Content starts
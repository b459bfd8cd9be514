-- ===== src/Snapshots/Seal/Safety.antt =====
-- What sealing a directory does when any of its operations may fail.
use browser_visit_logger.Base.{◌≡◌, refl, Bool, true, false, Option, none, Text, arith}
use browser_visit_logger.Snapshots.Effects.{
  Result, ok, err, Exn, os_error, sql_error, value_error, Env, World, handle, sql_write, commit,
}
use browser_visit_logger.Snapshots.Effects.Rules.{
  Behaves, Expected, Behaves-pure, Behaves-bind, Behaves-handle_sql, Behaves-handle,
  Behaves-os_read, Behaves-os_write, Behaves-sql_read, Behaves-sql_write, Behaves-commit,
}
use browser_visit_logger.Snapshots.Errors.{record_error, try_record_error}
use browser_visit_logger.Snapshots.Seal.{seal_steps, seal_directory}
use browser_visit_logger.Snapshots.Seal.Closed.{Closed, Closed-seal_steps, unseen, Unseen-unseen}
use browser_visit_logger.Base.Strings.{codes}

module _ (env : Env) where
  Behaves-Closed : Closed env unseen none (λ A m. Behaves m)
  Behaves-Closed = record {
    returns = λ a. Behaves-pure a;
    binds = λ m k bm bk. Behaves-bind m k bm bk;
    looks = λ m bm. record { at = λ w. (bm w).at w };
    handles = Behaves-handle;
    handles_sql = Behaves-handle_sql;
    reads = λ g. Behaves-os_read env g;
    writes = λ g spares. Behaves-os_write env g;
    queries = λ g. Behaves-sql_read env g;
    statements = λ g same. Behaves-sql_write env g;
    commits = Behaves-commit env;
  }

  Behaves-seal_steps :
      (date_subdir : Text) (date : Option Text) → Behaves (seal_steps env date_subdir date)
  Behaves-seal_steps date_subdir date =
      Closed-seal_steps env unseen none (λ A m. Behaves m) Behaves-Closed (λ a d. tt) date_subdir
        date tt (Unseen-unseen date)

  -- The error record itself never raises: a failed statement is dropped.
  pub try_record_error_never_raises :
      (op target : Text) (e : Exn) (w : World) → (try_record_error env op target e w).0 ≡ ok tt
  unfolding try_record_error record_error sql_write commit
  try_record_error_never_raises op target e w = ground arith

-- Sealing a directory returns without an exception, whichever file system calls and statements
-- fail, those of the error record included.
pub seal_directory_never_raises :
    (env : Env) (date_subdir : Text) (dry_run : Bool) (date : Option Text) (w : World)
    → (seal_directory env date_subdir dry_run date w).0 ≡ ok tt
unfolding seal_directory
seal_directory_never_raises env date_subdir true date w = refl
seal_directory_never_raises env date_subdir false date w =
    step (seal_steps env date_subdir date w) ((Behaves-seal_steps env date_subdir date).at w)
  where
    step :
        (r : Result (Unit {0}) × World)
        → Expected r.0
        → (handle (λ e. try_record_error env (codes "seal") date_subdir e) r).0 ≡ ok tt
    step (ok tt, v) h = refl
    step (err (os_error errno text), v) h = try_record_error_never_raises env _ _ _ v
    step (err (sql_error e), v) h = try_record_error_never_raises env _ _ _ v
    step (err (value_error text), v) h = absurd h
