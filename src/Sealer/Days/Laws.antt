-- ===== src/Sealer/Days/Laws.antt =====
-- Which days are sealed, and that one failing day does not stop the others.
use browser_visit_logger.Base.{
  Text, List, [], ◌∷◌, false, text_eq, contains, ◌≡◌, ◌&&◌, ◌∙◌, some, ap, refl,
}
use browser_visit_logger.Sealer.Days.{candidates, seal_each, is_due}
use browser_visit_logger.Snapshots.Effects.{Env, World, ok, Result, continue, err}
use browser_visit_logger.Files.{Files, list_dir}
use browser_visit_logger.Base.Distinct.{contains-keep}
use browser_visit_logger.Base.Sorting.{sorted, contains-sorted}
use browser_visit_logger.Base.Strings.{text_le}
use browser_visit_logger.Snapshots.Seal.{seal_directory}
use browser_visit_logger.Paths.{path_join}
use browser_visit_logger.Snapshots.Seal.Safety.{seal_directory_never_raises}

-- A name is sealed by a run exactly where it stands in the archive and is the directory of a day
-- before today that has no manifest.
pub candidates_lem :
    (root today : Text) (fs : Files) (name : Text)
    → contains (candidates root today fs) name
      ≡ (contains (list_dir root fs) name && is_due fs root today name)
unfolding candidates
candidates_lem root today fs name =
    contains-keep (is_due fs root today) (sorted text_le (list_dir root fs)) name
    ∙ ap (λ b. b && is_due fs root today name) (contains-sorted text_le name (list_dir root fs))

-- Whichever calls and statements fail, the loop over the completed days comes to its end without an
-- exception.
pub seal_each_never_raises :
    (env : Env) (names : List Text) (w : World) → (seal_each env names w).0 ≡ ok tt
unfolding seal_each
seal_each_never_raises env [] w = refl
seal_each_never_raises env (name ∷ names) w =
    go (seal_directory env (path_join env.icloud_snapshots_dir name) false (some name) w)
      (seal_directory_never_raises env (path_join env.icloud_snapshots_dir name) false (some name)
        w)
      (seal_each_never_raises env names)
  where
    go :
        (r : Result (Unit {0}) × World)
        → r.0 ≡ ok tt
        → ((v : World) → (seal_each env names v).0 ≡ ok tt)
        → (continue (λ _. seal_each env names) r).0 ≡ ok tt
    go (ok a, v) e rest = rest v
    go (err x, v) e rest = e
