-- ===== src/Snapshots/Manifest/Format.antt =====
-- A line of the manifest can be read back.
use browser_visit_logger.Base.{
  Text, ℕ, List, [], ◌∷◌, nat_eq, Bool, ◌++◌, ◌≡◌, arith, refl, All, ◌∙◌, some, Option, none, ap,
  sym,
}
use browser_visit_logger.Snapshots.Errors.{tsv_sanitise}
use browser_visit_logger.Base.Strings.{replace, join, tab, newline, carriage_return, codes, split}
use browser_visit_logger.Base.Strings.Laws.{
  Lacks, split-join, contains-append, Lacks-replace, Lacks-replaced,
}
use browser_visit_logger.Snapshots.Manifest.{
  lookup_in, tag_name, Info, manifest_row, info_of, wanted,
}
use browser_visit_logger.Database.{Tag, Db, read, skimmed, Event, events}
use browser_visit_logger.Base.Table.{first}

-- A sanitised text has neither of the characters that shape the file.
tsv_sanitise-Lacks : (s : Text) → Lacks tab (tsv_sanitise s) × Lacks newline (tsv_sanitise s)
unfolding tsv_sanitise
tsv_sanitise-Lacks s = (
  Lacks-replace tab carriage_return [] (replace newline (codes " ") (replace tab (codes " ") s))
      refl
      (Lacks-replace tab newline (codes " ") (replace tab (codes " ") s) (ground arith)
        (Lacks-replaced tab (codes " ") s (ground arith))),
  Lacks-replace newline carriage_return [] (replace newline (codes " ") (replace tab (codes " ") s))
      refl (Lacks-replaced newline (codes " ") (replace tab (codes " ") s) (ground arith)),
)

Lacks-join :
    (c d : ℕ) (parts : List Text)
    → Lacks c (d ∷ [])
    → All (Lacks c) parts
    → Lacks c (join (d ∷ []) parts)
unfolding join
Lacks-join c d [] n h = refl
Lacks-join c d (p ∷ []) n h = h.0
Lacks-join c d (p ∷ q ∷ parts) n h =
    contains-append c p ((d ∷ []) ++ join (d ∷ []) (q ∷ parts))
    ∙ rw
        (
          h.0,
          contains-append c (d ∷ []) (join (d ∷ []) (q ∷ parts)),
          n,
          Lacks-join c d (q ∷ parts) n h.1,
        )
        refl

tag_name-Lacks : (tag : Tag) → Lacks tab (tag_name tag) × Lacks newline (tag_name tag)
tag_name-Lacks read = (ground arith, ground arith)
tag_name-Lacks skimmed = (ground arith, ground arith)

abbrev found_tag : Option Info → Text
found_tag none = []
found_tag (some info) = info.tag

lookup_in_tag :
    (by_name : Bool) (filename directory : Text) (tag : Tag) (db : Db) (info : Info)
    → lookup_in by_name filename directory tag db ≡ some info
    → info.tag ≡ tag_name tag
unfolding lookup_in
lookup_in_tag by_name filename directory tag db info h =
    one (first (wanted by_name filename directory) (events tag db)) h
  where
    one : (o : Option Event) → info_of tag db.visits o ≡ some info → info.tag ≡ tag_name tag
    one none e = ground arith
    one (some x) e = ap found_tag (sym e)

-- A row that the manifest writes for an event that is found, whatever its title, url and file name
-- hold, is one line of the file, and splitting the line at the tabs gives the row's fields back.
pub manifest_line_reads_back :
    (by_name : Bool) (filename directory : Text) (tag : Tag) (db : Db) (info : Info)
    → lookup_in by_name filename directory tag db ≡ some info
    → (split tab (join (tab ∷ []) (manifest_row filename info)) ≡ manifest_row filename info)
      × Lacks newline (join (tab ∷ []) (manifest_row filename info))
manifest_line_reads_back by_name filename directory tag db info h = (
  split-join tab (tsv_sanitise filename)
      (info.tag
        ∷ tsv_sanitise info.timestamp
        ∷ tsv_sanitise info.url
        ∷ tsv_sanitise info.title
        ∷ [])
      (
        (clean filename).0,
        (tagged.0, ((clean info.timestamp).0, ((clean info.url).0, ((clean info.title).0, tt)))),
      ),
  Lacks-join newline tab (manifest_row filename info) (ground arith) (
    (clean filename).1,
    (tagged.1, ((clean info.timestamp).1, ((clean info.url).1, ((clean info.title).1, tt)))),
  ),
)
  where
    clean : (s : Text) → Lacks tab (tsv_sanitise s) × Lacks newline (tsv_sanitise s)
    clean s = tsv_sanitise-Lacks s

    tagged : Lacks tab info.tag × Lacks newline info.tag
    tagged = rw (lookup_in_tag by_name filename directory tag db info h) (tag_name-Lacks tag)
Content ends
Your assignment: Precisely the lines between those holding "(date_subdir : Text) (date" and "(env : Env) (date_subdir", inclusive, are to be reproduced from the listing above, with nothing added.

Solution to this task:
      (date_subdir : Text) (date : Option Text) → Behaves (seal_steps env date_subdir date)
  Behaves-seal_steps date_subdir date =
      Closed-seal_steps env unseen none (λ A m. Behaves m) Behaves-Closed (λ a d. tt) date_subdir
        date tt (Unseen-unseen date)

  -- The error record itself never raises: a failed statement is dropped.
  pub try_record_error_never_raises :
      (op target : Text) (e : Exn) (w : World) → (try_record_error env op target e w).0 ≡ ok tt
  unfolding try_record_error record_error sql_write commit
  try_record_error_never_raises op target e w = ground arith

-- Sealing a directory returns without an exception, whichever file system calls and statements
-- fail, those of the error record included.
pub seal_directory_never_raises :
    (env : Env) (date_subdir : Text) (dry_run : Bool) (date : Option Text) (w : World)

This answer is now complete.